The present invention relates to an optical recording element which is capable of recording and retrieving information by means of laser beam radiation or the like, and the manufacturing method thereof.
A conventional optical recording element such as a video disk has a structure as shown in either FIG. 1 or FIG. 2. In FIG. 1, it consists of a recording layer 2 which is vacuum deposited onto a substrate 1, and a protective layer 3 which is formed by coating an organic material solution on the recording layer 2 by dipping or by means of a spinner, an applicator, or the like, followed by curing. In FIG. 2, it comprises a recording layer 6 which is vacuum deposited onto a substrate 5, and a protective layer 8 which is bonded to the recording layer 6 with an adhesive 7. Such a protective layer protects the recording layer from dust and damage, and prevents the condensing lens from being contaminated by scattered recording material when information pits are recorded.
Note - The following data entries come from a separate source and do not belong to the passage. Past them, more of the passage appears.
-- ===== src/Simulator/Metrics.antt =====
-- `metrics`, `confusion`, `auc` and `evaluate` of crates/mirror-pool-simulator/src/lib.rs.
use mirror_pool.Prelude.{
  ℕ, ◌-◌, ◌*◌, Bool, true, false, Option, List, [], ◌∷◌, Bytes, codes, ltb, if◌then◌else◌, Result,
  ok, err, ◌>>=◌, ok_or, length, get_elem?,
}
use mirror_pool.Core.Defs.{Digest32, hash, is_empty}
use mirror_pool.Simulator.Defs.{
  Float64, Rng, Scenario, Observation, EvaluationError, serialization, Panic, out_of_bounds, max,
  target_slot, validate, observe_all,
}
use mirror_pool.Simulator.Counting.{
  sort_slots, min_or, values, ones, saturating_u32, only_executed, deviations, group, spread_of,
  linked,
}

pub record EvaluationMetrics (F : Type 0) : Type 0 where
  pub announced_cohort_size : ℕ
  pub observed_cohort_size : ℕ
  pub completion_rate : F
  pub execution_spread_slots : ℕ
  pub median_timing_deviation : F
  pub p95_timing_deviation : F
  pub unique_fingerprint_rate : F
  pub minimum_k_anonymity : ℕ
  pub shannon_entropy : F
  pub effective_anonymity_set : F
  pub normalized_entropy : F
  pub linkage_precision : F
  pub linkage_recall : F
  pub linkage_f1 : F
  pub roc_auc : F
  pub false_positive_rate : F
  pub false_negative_rate : F

pub record EvaluationReport (F : Type 0) : Type 0 where
  pub scenario : Scenario F
  pub metrics : EvaluationMetrics F
  pub trace_hash : Digest32
  pub limitations : List Bytes

abbrev pub limitations : List Bytes
limitations =
    codes "Synthetic observations do not prove real-world anonymity or unlinkability."
    ∷ codes "The coordinator sees submitted tickets; network and funding metadata may relink users."
    ∷ codes "Synchronization can create a detectable cohort fingerprint."
    ∷ []

-- `check?` of an inner result, and the rest of the function.
abbrev pub and_then :
    {A E P : Type 0} → Result Unit E → Result (Result A E) P → Result (Result A E) P
and_then (err e) rest = ok (err e)
and_then (ok valid) rest = rest

module _ {F : Type 0} (f64 : Float64 F) where
  open f64 use {
    literal, from_unsigned, as_usize, plus, minus, times, divided, abs, ln, exp, round, at_most,
    below, epsilon,
  }

  abbrev pub zero_f64 : F
  zero_f64 = literal 0 0

  unfoldable pub ratio : F → F → F
  ratio a b = if below zero_f64 b then divided a b else zero_f64

  -- The closure `percentile`.
  unfoldable pub percentile : List ℕ → F → Result F Panic
  percentile sorted fraction = if is_empty sorted then ok zero_f64 else do
    let index = as_usize (round (times (from_unsigned (length sorted - 1)) fraction))
    deviation ← ok_or (get_elem? sorted index) out_of_bounds
    ok (from_unsigned deviation)

  -- The fold over the values of the groups.
  unfoldable pub entropy_of : ℕ → F → List ℕ → F
  entropy_of observed sum [] = sum
  entropy_of observed sum (count ∷ counts) =
      let p = divided (from_unsigned count) (from_unsigned (max observed 1)) in
      entropy_of observed (minus sum (times p (ln p))) counts

  -- tp, fp, tn, fn
  abbrev pub Confusion : Type 0
  Confusion = F × F × F × F

  abbrev pub tally : (above true_link : Bool) → Confusion → Confusion
  tally true true (tp, fp, tn, fn) = (plus tp (literal 1 0), fp, tn, fn)
  tally true false (tp, fp, tn, fn) = (tp, plus fp (literal 1 0), tn, fn)
  tally false false (tp, fp, tn, fn) = (tp, fp, plus tn (literal 1 0), fn)
  tally false true (tp, fp, tn, fn) = (tp, fp, tn, plus fn (literal 1 0))

  -- `o.score >= threshold` is `threshold <= o.score`.
  unfoldable pub confusion : F → Confusion → List (Observation F) → Confusion
  confusion threshold c [] = c
  confusion threshold c (o ∷ os) =
      confusion threshold (tally (at_most threshold o.score) o.true_link c) os

  unfoldable pub win : F → F → F
  win p n =
      if below n p
      then literal 1 0
      else if below (abs (minus p n)) epsilon
      then literal 5 1
      else zero_f64

  unfoldable pub wins_over : F → F → List (Observation F) → F
  unfolding win
  wins_over sum p [] = sum
  wins_over sum p (n ∷ ns) = wins_over (plus sum (win p n.score)) p ns

  unfoldable pub wins : F → List (Observation F) → List (Observation F) → F
  unfolding wins_over
  wins sum [] negatives = sum
  wins sum (p ∷ ps) negatives = wins (wins_over sum p.score negatives) ps negatives

  unfoldable pub auc : List (Observation F) → F
  unfolding wins linked
  auc executed =
      let positives = linked true executed in
      let negatives = linked false executed in
      if is_empty positives
      then literal 5 1
      else if is_empty negatives
      then literal 5 1
      else divided (wins zero_f64 positives negatives)
          (from_unsigned (length positives * length negatives))

  unfoldable pub metrics :
      List (Observation F) → (announced target : ℕ) → Result (EvaluationMetrics F) Panic
  unfolding only_executed sort_slots percentile spread_of group entropy_of ones confusion ratio auc
  metrics obs announced target =
      let executed = only_executed obs in
      let observed = saturating_u32 (length executed) in
      let sorted = sort_slots (deviations target executed) in
      let groups = values (group [] executed) in
      let entropy = entropy_of observed zero_f64 groups in
      let (tp, fp, tn, fn) =
        confusion (literal 5 1) (zero_f64, zero_f64, zero_f64, zero_f64) executed in
      let precision = ratio tp (plus tp fp) in
      let recall = ratio tp (plus tp fn) in
      do
        median ← percentile sorted (literal 5 1)
        p95 ← percentile sorted (literal 95 2)
        ok (record {
          announced_cohort_size = announced;
          observed_cohort_size = observed;
          completion_rate = ratio (from_unsigned observed) (from_unsigned announced);
          execution_spread_slots = spread_of target executed;
          median_timing_deviation = median;
          p95_timing_deviation = p95;
          unique_fingerprint_rate = ratio (from_unsigned (ones groups)) (from_unsigned observed);
          minimum_k_anonymity = min_or 0 groups;
          shannon_entropy = entropy;
          effective_anonymity_set = exp entropy;
          normalized_entropy =
              if ltb 1 observed then divided entropy (ln (from_unsigned observed)) else zero_f64;
          linkage_precision = precision;
          linkage_recall = recall;
          linkage_f1 =
              if below zero_f64 (plus precision recall)
              then divided (times (times (literal 2 0) precision) recall) (plus precision recall)
              else zero_f64;
          roc_auc = auc executed;
          false_positive_rate = ratio fp (plus fp tn);
          false_negative_rate = ratio fn (plus fn tp);
        })

  module _ {R : Type 0} (rng : Rng F R) (blake3 : Bytes → Bytes)
      (to_vec : List (Observation F) → Option Bytes) where
    -- `evaluate` after its validation. The outer error is a panic, the inner one the `Err`.
    unfoldable pub evaluate_valid :
        Scenario F → Result (Result (EvaluationReport F) EvaluationError) Panic
    unfolding observe_all metrics hash
    evaluate_valid s = do
      observations ← observe_all f64 rng s s.participant_count 0 (rng.seed_from_u64 s.seed)
      measured ← metrics observations s.participant_count target_slot
      ok (do
        trace ← ok_or (to_vec observations) serialization
        ok (record {
          scenario = s;
          metrics = measured;
          trace_hash = hash blake3 (codes "evaluation-trace") trace;
          limitations = limitations;
        }))

    -- `evaluate`
    unfoldable pub evaluate :
        Scenario F → Result (Result (EvaluationReport F) EvaluationError) Panic
    unfolding evaluate_valid validate
    evaluate s = and_then (validate f64 s) (evaluate_valid s)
As shown in FIG. 3, recording and retrieving of information with the optical recording element is done by a beam 11 which is focused on a recording layer 15, for example 1 to 1.5 .mu.m in diameter, using a converging lens 10. When the recording layer 15 is irradiated with the recording beam in response to a recording signal, the recording material of only the irradiated portion of the recording layer 15 evaporates or melts to form a record pit 16. Upon retrieval, the intensity of the retrieval beam reflected from the record pit 16 is markedly different from that reflected by other spots that lack the record pit 16. Accordingly, the signal can be retrieved by detection of variations in the intensity of the reflected beam caused by the presence or absence of the record pit 16. A detector 13 and a beam splitter 12 may be used for this purpose.
In such recording and retrieving, dust 18 and scratch 19 on the surface of the protective layer 17 are important causes of imprecise recording and retrieval. If dust of about 20 .mu.m diameter, which represents the greatest proportion in a general environment such as an office room, is deposited on the protective layer surface, the beam-focusing diameter on the protective layer surface has to be made so large that the influence of dust of this size becomes negligible. According to the description of IEEE vol. CE-20, No. 9 (1976), pp. 309-316, the thickness of the protective layer must be at least 200 .mu.m if the influence of dust of 20 .mu.m in diameter is to be negligible. Since forming such a thick protective layer by vacuum deposition takes quite a long time, it is formed either by coating and curing of an organic material solution as shown in FIG. 1, or by bonding a light-transmitting film to the recording layer as shown in FIG. 2.
Such conventional methods, however, present difficulties in completely removing dust, foreign substance and bubbles from the organic material solution or the adhesive. Also, dust and bubbles are apt to be included during formation of the protection layer, so that special apparatus or equipment is required to prevent these. Because the dust and bubbles are located either within the protective layer or between the protective layer and the recording layer where the beam is incident, the beam will be scattered by hitting these particles during recording or retrieving, making recording or retrieving impossible or resulting in a noise increase, hence, a degradation in SN ratio, or still worse, disabling retrieval.
In FIGS. 1 and 2, examples having only a recording layer between the substrate and protective layer are shown, but in cases where another intermediate layer is included in addition to the recording layer, such as a silicon dioxide layer or an aluminum layer for the purposes of heat insulation, improvements of the retrieval SN ratio and recording sensitivity or the like, the aforementioned drawbacks are also involved.